After a grueling morning of fourth and second grade math (don’t even), a leisurely trip to Target was decidedly merited. There was good news and bad news awaiting me there, yesterday afternoon. The good news was this:
The bad news: The same People magazine from last week was still on the shelves at the checkout. (hashtag, firstworldproblems)
For years, on the anniversary of my birth, I would indulge in a few gifts to and from myself: Chocolate, a visit to a tanning bed, and a People magazine. After all, who is actually going to judge you on your birthday, amiright? Don’t get me started on the tanning bit, I have long since abandoned such vain, unhealthy practices. The People magazines, however? I guess I have some ‘splaining to do…
They are a guilty pleasure, and I have relapsed. In my defense, I read them (back to front, always) for the crossword puzzles. No seriously, I love those silly crosswords. Husband has repeatedly informed me that there exist entire books containing page after page of crosswords, which he’d be happy to purchase for me– but I refuse. It would be decidedly unhip.

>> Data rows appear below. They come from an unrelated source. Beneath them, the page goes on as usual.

-- ===== src/Access.antt =====
-- crates/interface/src/access.rs: the Merkle access list of a private vault. `hashv`, the SHA-256 of
-- the concatenation of some slices, is a parameter.
pub mod Tree
use roshi.Common.{
  ℕ, ◌+◌, ◌≤◌, ◌<◌, ◌≡◌, refl, arith, Bool, true, false, Bool-cases, inl, inr, List, [], ◌∷◌, ltb,
  leb, ◌==◌, if◌then◌else◌,
}
use roshi.Common.Result.{ok, err}
use roshi.Common.Bytes.{Bytes, Key, bytes_eq, bytes_eq_refl, bytes_eq→eq, length}
use roshi.Vault.{Vault, bool_flag}

abbrev pub max_access_proof_len : ℕ
max_access_proof_len = 32

-- `b"roshi:vault-access:leaf:v1"` and `b"roshi:vault-access:node:v1"`.
abbrev pub access_leaf_domain : Bytes
access_leaf_domain =
    114 ∷ 111 ∷ 115 ∷ 104 ∷ 105 ∷ 58 ∷ 118 ∷ 97 ∷ 117 ∷ 108 ∷ 116 ∷ 45 ∷ 97 ∷ 99 ∷ 99 ∷ 101 ∷ 115
    ∷ 115 ∷ 58 ∷ 108 ∷ 101 ∷ 97 ∷ 102 ∷ 58 ∷ 118 ∷ 49 ∷ []

abbrev pub access_node_domain : Bytes
access_node_domain =
    114 ∷ 111 ∷ 115 ∷ 104 ∷ 105 ∷ 58 ∷ 118 ∷ 97 ∷ 117 ∷ 108 ∷ 116 ∷ 45 ∷ 97 ∷ 99 ∷ 99 ∷ 101 ∷ 115
    ∷ 115 ∷ 58 ∷ 110 ∷ 111 ∷ 100 ∷ 101 ∷ 58 ∷ 118 ∷ 49 ∷ []

-- `left <= right` on byte arrays, in the order of a dictionary.
unfoldable pub bytes_le : Bytes → Bytes → Bool
bytes_le [] ys = true
bytes_le (x ∷ xs) [] = false
bytes_le (x ∷ xs) (y ∷ ys) = if ltb x y then true else if x == y then bytes_le xs ys else false

module _ (hashv : List Bytes → Key) where
  unfoldable pub access_merkle_leaf : Key → Key
  access_merkle_leaf owner = hashv (access_leaf_domain ∷ owner ∷ [])

  unfoldable pub access_merkle_node : Key → Key → Key
  access_merkle_node left right =
      if bytes_le left right
      then hashv (access_node_domain ∷ left ∷ right ∷ [])
      else hashv (access_node_domain ∷ right ∷ left ∷ [])

  -- The loop over the siblings.
  unfoldable pub climb : Key → List Key → Key
  climb node [] = node
  climb node (sibling ∷ proof) = climb (access_merkle_node node sibling) proof

  unfoldable pub verify_access_merkle_proof : Key → Key → List Key → Bool
  verify_access_merkle_proof owner merkle_root proof =
      if ltb max_access_proof_len (length proof)
      then false
      else bytes_eq (climb (access_merkle_leaf owner) proof) merkle_root

  -- `Vault::allows_depositor`
  unfoldable pub allows_depositor : Vault → Key → List Key → Bool
  allows_depositor v depositor proof = elim (bool_flag v.private_flag) [
    | ok private ↦
        if private then verify_access_merkle_proof depositor v.access_merkle_root proof else true
    | err e ↦ false
  ]
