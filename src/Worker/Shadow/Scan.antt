-- ===== src/Worker/Shadow/Scan.antt =====
-- What the scans of a page compute: `clear_read` and `is_ro_page`.
use cos516_project.Prelude.{
  List, ℕ, Bool, ◌≡◌, ◌∷◌, ◌+◌, true, [], ◌&&◌, not, false, refl, ap, arith, ◌∙◌, if◌then◌else◌,
}
use cos516_project.Worker.Shadow.{
  clear_loop, mark_read, one_if_set, read_mask, is_written, count_round, mark_round, clear_read,
  is_ro_page, readonly_round, written_bits,
}
use cos516_project.Prelude.Bits.{bit_or-bit_and, zero-bit_and}

mark_read_lem : (s : ℕ) → mark_read s ≡ s
unfolding mark_read
mark_read_lem s = bit_or-bit_and s (read_mask s)

-- The number of words that are not zero.
abbrev pub nonzero_words : List ℕ → ℕ
nonzero_words [] = 0
nonzero_words (s ∷ page) = one_if_set s + nonzero_words page

-- No word has a bit outside the third of a byte.
abbrev pub all_readonly : List ℕ → Bool
all_readonly [] = true
all_readonly (s ∷ page) = not (is_written s) && all_readonly page

-- A page of an even number of words.
abbrev pub IsPaired : List ℕ → Type 0
IsPaired [] = Unit {0}
IsPaired (s ∷ []) = ⊥
IsPaired (s0 ∷ s1 ∷ page) = IsPaired page

mark_round_lem : (s0 s1 : ℕ) (rest : List ℕ) → mark_round s0 s1 rest ≡ s0 ∷ s1 ∷ rest
mark_round_lem s0 s1 rest = ground (arith, mark_read_lem s0, mark_read_lem s1)

count_round_lem :
    (s0 s1 n m : ℕ) → count_round s0 s1 n + m ≡ n + (one_if_set s0 + (one_if_set s1 + m))
count_round_lem s0 s1 n m = ground arith

readonly_round_lem :
    (s0 s1 : ℕ) (r a : Bool)
    → (readonly_round s0 s1 r && a) ≡ (r && (not (is_written s0) && (not (is_written s1) && a)))
readonly_round_lem s0 s1 r a = ground (arith, zero-bit_and written_bits)

clear_loop-page :
    (page : List ℕ) (nonzero : ℕ) (readonly : Bool) → (clear_loop page nonzero readonly).page ≡ page
unfolding clear_loop
clear_loop-page [] nonzero readonly = refl
clear_loop-page (s ∷ []) nonzero readonly = refl
clear_loop-page (s0 ∷ s1 ∷ rest) nonzero readonly =
    ap (mark_round s0 s1) (clear_loop-page rest _ _) ∙ mark_round_lem s0 s1 rest

clear_loop-nonzero :
    (page : List ℕ) (nonzero : ℕ) (readonly : Bool)
    → IsPaired page
    → (clear_loop page nonzero readonly).nonzero ≡ nonzero + nonzero_words page
unfolding clear_loop
clear_loop-nonzero [] nonzero readonly h = omega arith
clear_loop-nonzero (s ∷ []) nonzero readonly h = absurd h
clear_loop-nonzero (s0 ∷ s1 ∷ rest) nonzero readonly h =
    clear_loop-nonzero rest _ _ h ∙ count_round_lem s0 s1 nonzero (nonzero_words rest)

clear_loop-readonly :
    (page : List ℕ) (nonzero : ℕ) (readonly : Bool)
    → IsPaired page
    → (clear_loop page nonzero readonly).readonly ≡ (readonly && all_readonly page)
unfolding clear_loop
clear_loop-readonly [] nonzero true h = refl
clear_loop-readonly [] nonzero false h = refl
clear_loop-readonly (s ∷ []) nonzero readonly h = absurd h
clear_loop-readonly (s0 ∷ s1 ∷ rest) nonzero readonly h =
    clear_loop-readonly rest _ _ h ∙ readonly_round_lem s0 s1 readonly (all_readonly rest)

-- On a page of an even number of words, clear_read returns 0 where no byte was written and the
-- number of nonzero words otherwise, and leaves the page as it was.
pub clear_read_lem :
    (page : List ℕ)
    → IsPaired page
    → clear_read page ≡ (if all_readonly page then 0 else nonzero_words page, page)
unfolding clear_read
clear_read_lem page h =
    rw (clear_loop-page page 0 true, clear_loop-readonly page 0 true h)
      (ap (λ (n : ℕ). (if all_readonly page then 0 else n, page))
        (clear_loop-nonzero page 0 true h ∙ omega arith))

-- On a page of an even number of words, is_ro_page holds exactly where no byte was written.
is_ro_page_lem : (page : List ℕ) → IsPaired page → is_ro_page page ≡ all_readonly page
unfolding is_ro_page
is_ro_page_lem [] h = refl
is_ro_page_lem (s ∷ []) h = absurd h
is_ro_page_lem (s0 ∷ s1 ∷ rest) h = ground (arith, zero-bit_and written_bits, is_ro_page_lem rest h)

Perhaps it’s the certain sense of accomplishment, the confident awareness that they are something I can easily master? I recall my mother stating similar sentiments, while in the throes of toddlerhood with her second litter of children: She would, from memory, bake the most amazing chocolate chip cookies at least weekly, explaining with a shrug, “I just want to bring one thing to completion today.”
Back to People, I realize this particular publication is (at best) mindless babble. Still, the striking contrast between the mere half-page blurb on the most recent antics of the tyrannical terrorist group ISIS, against the array of pages dedicated to Emmy awards attire recently left me particularly appalled and disgusted with myself as a consumer.
Don’t get me wrong, I’m acutely aware that People magazine is not, in fact, a news publication. I suppose if I was sincerely seeking current coverage on relevant topics I should look elsewhere. Maybe it’s an escape… but is it right for me to placate myself with box stores… and coffee chains (which I have since learned are largely unfair to their international coffee farmers, ugh)… and fashion magazines… and crossword puzzles when there is social injustice and suffering rampant across the globe? Does God condone my turning a blind eye, indifferent from the vantage of my insulated bubble of prosperity and excess, because my own family is out of harm’s way? How quickly I’ve forgotten what it is to have a loved one stationed in a violent warzone, though I confess I was ridiculously ignorant, blissfully unaware, of the severity of the danger my own husband faced for the duration of his 14 month deployment with the first wave of soldiers to Iraq in 2003. I focused more on when he would finally return home to me, rather than if.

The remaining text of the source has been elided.